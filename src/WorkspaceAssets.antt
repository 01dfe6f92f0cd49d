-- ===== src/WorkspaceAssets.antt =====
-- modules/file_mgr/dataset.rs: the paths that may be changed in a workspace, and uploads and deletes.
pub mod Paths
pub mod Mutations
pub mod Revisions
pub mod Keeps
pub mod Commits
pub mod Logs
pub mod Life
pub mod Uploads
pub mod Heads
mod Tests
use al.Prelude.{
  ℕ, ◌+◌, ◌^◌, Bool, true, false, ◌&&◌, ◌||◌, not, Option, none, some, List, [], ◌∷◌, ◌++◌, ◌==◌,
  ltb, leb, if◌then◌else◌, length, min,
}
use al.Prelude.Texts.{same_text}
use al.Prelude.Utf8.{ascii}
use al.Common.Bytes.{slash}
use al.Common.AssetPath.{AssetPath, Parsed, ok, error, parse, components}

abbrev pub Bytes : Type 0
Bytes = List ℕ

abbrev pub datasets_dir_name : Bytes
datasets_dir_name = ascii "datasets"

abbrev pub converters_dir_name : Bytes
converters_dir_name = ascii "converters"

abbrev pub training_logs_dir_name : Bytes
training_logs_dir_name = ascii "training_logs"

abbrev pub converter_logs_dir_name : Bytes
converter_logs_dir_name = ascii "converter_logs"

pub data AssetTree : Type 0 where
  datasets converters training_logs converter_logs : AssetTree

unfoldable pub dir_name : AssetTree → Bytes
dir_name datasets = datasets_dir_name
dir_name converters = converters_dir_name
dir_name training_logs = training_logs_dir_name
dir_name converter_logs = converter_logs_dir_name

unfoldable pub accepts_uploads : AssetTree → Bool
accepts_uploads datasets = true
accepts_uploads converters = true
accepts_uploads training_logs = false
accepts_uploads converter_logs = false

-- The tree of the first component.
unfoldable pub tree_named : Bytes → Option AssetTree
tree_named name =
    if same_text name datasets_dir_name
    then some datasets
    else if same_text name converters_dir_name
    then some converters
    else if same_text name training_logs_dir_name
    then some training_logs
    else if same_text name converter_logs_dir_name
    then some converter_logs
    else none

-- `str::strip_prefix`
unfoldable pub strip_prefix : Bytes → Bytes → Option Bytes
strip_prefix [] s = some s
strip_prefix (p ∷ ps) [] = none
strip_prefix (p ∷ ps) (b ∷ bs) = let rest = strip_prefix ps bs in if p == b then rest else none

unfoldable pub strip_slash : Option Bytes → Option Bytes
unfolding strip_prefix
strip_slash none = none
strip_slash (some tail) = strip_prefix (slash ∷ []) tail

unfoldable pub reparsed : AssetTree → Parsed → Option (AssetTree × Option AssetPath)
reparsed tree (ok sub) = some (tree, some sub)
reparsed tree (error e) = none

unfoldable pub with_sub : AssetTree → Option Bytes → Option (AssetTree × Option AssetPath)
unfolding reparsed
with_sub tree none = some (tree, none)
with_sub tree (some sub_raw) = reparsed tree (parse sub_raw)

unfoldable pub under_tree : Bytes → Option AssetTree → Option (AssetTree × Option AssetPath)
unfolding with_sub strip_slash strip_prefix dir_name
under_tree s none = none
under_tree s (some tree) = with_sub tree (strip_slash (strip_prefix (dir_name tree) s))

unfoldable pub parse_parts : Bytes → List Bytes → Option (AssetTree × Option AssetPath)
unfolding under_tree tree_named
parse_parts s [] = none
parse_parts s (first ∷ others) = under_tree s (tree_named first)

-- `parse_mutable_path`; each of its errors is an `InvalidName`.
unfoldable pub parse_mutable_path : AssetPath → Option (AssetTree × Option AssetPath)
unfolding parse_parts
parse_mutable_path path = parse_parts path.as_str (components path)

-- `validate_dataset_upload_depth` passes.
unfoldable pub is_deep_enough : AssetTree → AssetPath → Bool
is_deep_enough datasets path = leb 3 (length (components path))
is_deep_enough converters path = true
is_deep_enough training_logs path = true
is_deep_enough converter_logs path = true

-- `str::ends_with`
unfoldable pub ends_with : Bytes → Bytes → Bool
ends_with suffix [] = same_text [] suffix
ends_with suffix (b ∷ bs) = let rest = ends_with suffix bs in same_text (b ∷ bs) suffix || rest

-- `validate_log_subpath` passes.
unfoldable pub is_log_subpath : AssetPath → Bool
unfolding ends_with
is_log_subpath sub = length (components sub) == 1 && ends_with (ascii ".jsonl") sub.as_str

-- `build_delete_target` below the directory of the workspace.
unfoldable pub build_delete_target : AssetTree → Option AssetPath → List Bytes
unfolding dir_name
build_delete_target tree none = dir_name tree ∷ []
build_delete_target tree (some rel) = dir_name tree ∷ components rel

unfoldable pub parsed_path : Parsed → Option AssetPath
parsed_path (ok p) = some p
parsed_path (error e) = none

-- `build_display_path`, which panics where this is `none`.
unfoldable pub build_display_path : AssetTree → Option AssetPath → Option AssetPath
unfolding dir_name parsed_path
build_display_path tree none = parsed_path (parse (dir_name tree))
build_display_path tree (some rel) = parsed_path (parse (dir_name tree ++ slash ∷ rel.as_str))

○ ○ ○

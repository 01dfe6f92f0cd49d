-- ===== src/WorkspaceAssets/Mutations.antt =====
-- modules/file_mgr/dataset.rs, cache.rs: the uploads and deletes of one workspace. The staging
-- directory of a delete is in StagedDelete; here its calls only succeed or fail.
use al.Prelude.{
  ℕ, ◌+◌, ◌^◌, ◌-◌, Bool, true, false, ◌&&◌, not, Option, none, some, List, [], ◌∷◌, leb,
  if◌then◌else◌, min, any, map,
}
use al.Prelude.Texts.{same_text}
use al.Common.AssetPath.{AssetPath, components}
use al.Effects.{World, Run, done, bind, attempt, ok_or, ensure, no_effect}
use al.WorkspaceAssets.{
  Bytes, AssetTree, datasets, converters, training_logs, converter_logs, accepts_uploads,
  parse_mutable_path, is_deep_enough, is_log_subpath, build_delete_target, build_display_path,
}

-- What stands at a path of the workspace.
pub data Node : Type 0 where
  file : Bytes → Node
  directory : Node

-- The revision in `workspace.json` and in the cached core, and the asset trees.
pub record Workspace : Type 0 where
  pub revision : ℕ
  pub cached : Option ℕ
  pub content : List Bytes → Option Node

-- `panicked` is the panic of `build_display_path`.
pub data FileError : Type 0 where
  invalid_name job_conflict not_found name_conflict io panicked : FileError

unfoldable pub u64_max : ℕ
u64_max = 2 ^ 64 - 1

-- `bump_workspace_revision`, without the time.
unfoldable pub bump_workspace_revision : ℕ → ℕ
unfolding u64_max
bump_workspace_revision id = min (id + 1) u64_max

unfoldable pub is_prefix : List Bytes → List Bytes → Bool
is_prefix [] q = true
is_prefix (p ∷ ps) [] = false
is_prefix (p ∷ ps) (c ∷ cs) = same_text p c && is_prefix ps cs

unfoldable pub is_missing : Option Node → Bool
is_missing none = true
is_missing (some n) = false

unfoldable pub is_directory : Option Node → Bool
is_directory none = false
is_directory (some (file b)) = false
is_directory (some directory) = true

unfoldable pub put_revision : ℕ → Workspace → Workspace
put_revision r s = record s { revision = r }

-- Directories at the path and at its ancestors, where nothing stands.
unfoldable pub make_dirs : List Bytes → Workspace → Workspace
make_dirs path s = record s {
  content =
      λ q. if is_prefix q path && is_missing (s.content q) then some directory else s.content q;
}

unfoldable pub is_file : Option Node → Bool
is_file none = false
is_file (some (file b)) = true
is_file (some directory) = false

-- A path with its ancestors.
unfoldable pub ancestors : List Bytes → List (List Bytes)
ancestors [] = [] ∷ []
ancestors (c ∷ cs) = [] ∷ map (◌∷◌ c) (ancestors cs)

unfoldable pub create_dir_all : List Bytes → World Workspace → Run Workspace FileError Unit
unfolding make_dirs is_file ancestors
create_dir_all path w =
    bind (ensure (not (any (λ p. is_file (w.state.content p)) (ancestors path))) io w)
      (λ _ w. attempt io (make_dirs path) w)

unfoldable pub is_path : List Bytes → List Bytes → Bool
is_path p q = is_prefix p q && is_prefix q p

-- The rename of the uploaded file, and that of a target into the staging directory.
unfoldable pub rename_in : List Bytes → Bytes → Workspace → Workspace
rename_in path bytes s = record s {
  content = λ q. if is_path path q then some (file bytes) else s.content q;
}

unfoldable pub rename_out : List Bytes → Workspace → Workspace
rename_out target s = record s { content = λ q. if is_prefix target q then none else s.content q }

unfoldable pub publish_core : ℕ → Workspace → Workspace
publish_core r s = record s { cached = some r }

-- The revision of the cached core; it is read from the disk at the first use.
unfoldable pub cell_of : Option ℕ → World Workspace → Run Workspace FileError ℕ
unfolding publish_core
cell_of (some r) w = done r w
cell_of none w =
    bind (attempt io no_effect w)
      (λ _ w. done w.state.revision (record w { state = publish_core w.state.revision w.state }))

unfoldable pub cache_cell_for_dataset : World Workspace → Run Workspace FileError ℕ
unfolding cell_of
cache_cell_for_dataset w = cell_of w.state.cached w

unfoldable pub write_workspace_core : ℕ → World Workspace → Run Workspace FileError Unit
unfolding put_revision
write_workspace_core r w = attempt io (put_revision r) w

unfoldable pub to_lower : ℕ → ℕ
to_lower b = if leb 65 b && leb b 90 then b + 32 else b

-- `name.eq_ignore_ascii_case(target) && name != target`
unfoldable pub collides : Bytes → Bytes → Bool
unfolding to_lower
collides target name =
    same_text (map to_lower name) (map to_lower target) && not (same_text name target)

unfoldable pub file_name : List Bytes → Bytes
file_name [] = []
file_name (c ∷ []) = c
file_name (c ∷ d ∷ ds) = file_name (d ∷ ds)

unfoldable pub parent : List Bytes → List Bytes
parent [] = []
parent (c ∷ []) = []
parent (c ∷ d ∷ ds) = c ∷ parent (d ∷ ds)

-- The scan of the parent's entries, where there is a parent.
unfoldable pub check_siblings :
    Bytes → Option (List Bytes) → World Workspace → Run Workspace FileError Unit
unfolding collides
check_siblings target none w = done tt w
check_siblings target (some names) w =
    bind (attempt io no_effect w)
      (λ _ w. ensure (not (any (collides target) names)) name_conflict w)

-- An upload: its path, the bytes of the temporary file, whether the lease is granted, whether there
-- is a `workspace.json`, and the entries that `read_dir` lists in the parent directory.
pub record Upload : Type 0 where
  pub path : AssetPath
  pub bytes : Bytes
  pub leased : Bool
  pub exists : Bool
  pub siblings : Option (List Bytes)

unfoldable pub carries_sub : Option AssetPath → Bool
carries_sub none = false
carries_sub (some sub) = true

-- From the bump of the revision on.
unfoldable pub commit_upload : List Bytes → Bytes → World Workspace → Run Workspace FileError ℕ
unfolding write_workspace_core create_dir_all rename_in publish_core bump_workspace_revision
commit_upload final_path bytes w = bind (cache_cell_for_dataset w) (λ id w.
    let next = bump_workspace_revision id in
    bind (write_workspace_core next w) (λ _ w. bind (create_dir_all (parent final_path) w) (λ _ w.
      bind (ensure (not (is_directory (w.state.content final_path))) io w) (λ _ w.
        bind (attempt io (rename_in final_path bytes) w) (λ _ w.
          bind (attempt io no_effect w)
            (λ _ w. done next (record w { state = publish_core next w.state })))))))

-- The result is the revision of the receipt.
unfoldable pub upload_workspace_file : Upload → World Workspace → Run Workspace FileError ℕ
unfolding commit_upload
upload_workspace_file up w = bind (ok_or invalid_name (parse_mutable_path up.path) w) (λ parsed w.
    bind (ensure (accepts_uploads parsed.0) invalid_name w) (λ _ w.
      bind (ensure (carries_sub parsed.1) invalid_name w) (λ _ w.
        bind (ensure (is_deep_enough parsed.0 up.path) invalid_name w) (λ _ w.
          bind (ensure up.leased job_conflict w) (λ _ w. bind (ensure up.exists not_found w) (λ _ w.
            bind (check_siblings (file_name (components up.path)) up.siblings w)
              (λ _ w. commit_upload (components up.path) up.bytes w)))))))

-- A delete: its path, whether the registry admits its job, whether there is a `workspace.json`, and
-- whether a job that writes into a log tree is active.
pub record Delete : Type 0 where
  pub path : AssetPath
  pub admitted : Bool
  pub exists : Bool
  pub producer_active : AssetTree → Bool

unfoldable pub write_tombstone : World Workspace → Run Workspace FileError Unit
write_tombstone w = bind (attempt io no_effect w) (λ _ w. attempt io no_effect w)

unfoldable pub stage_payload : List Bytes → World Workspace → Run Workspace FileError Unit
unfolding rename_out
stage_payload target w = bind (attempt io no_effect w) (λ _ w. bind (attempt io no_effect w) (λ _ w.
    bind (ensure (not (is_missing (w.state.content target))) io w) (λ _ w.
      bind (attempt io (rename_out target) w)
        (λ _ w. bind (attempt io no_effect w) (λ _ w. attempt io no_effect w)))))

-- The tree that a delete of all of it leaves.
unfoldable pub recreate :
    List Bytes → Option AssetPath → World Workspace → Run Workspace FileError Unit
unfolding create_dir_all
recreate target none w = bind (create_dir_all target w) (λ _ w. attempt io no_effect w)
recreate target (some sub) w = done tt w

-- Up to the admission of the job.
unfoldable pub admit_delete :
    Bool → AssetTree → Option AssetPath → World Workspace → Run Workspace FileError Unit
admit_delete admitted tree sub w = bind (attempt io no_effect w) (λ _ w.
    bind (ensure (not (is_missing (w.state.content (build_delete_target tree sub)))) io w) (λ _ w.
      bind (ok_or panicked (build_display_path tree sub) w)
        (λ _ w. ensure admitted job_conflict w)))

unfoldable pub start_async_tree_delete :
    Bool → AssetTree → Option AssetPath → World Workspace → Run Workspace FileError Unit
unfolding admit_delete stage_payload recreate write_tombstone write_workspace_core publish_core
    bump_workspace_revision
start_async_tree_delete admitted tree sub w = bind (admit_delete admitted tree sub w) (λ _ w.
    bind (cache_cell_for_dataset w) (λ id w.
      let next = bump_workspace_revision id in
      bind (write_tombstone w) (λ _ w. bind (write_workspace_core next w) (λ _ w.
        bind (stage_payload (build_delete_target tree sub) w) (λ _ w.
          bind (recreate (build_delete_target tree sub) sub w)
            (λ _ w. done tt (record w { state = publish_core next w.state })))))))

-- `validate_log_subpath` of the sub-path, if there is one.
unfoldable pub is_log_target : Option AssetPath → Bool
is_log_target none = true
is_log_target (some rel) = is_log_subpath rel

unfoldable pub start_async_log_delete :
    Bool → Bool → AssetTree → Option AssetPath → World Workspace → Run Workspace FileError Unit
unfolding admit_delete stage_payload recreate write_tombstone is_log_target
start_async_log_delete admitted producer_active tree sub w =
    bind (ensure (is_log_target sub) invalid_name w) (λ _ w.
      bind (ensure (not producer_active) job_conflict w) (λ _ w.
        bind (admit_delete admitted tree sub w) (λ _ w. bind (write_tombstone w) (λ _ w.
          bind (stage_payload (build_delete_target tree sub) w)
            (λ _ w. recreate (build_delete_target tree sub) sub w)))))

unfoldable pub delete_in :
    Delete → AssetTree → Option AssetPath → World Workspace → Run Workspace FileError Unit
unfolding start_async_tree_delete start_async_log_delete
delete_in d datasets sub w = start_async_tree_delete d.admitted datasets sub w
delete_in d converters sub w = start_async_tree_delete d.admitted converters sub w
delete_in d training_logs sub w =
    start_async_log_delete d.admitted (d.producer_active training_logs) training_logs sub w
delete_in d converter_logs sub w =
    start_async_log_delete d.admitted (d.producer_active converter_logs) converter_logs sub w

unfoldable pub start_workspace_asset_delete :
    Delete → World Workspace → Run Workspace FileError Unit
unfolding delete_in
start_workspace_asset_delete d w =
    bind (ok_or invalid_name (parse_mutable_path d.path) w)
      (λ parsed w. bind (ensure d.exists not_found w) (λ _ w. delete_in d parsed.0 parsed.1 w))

○ ○ ○

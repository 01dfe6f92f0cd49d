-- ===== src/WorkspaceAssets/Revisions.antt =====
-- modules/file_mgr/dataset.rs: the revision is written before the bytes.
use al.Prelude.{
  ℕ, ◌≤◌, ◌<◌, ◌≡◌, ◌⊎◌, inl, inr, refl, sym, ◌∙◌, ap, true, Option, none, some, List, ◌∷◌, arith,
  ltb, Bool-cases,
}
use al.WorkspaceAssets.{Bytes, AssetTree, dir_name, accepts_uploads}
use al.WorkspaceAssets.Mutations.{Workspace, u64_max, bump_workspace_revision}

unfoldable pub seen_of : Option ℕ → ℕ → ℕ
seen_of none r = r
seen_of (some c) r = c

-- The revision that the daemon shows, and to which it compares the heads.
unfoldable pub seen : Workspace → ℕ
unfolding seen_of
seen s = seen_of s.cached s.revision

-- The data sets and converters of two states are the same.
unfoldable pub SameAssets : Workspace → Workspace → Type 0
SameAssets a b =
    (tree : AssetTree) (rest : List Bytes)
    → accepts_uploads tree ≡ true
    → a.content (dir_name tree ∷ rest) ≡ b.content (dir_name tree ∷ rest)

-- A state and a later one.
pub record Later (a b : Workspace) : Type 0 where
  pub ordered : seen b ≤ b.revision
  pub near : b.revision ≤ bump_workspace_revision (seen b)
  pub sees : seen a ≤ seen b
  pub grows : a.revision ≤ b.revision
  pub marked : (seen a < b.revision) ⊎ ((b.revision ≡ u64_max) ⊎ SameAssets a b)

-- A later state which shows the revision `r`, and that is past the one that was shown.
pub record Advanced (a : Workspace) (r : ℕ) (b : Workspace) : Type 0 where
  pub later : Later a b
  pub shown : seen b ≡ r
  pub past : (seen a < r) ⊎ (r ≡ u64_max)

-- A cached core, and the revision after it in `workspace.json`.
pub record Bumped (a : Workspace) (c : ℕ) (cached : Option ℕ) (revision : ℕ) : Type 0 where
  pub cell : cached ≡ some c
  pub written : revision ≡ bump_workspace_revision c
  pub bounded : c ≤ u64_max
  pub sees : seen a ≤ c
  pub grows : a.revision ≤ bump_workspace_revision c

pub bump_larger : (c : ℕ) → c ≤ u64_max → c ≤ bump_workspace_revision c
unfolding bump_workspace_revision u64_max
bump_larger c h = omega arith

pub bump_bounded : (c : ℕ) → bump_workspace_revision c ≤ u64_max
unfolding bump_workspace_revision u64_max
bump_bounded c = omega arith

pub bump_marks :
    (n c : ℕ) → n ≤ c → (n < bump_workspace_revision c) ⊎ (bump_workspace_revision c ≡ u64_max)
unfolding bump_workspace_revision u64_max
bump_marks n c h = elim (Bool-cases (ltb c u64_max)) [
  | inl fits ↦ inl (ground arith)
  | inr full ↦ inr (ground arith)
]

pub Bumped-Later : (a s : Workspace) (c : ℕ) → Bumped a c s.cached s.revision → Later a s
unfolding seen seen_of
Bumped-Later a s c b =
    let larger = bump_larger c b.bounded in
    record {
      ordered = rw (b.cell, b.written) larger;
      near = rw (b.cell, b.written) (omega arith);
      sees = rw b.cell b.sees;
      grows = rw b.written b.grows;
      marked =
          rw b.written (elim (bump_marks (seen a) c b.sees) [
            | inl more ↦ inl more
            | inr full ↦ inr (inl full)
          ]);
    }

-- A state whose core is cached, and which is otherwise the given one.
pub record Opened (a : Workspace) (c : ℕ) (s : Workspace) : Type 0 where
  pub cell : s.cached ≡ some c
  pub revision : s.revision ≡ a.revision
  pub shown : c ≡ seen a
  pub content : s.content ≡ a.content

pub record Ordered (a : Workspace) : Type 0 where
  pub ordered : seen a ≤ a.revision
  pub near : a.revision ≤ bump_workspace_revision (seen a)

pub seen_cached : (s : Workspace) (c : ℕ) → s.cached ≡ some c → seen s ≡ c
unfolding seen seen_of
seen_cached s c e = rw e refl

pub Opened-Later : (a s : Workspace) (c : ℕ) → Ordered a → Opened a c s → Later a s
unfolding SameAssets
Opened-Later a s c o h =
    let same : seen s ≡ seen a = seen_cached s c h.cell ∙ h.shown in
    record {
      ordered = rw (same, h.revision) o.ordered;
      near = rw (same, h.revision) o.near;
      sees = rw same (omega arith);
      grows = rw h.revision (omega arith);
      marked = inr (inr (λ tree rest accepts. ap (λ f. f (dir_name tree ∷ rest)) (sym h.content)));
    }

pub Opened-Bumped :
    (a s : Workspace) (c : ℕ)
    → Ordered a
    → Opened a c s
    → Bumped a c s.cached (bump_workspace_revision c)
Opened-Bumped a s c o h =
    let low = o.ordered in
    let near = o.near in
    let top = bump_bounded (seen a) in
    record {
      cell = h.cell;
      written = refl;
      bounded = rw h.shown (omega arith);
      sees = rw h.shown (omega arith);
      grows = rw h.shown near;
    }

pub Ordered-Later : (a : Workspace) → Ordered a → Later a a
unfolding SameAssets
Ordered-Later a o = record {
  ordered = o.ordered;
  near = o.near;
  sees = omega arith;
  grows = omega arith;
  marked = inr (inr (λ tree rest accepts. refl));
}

○ ○ ○

**Activity**
When the line with "pub record Workspace : Type 0 where" is reached in the data above, start copying there, and copy each line exactly until the line with "-- Directories at" has been copied; copy nothing else.

**Expected answer**
pub record Workspace : Type 0 where
  pub revision : ℕ
  pub cached : Option ℕ
  pub content : List Bytes → Option Node

-- `panicked` is the panic of `build_display_path`.
pub data FileError : Type 0 where
  invalid_name job_conflict not_found name_conflict io panicked : FileError

unfoldable pub u64_max : ℕ
u64_max = 2 ^ 64 - 1

-- `bump_workspace_revision`, without the time.
unfoldable pub bump_workspace_revision : ℕ → ℕ
unfolding u64_max
bump_workspace_revision id = min (id + 1) u64_max

unfoldable pub is_prefix : List Bytes → List Bytes → Bool
is_prefix [] q = true
is_prefix (p ∷ ps) [] = false
is_prefix (p ∷ ps) (c ∷ cs) = same_text p c && is_prefix ps cs

unfoldable pub is_missing : Option Node → Bool
is_missing none = true
is_missing (some n) = false

unfoldable pub is_directory : Option Node → Bool
is_directory none = false
is_directory (some (file b)) = false
is_directory (some directory) = true

unfoldable pub put_revision : ℕ → Workspace → Workspace
put_revision r s = record s { revision = r }

-- Directories at the path and at its ancestors, where nothing stands.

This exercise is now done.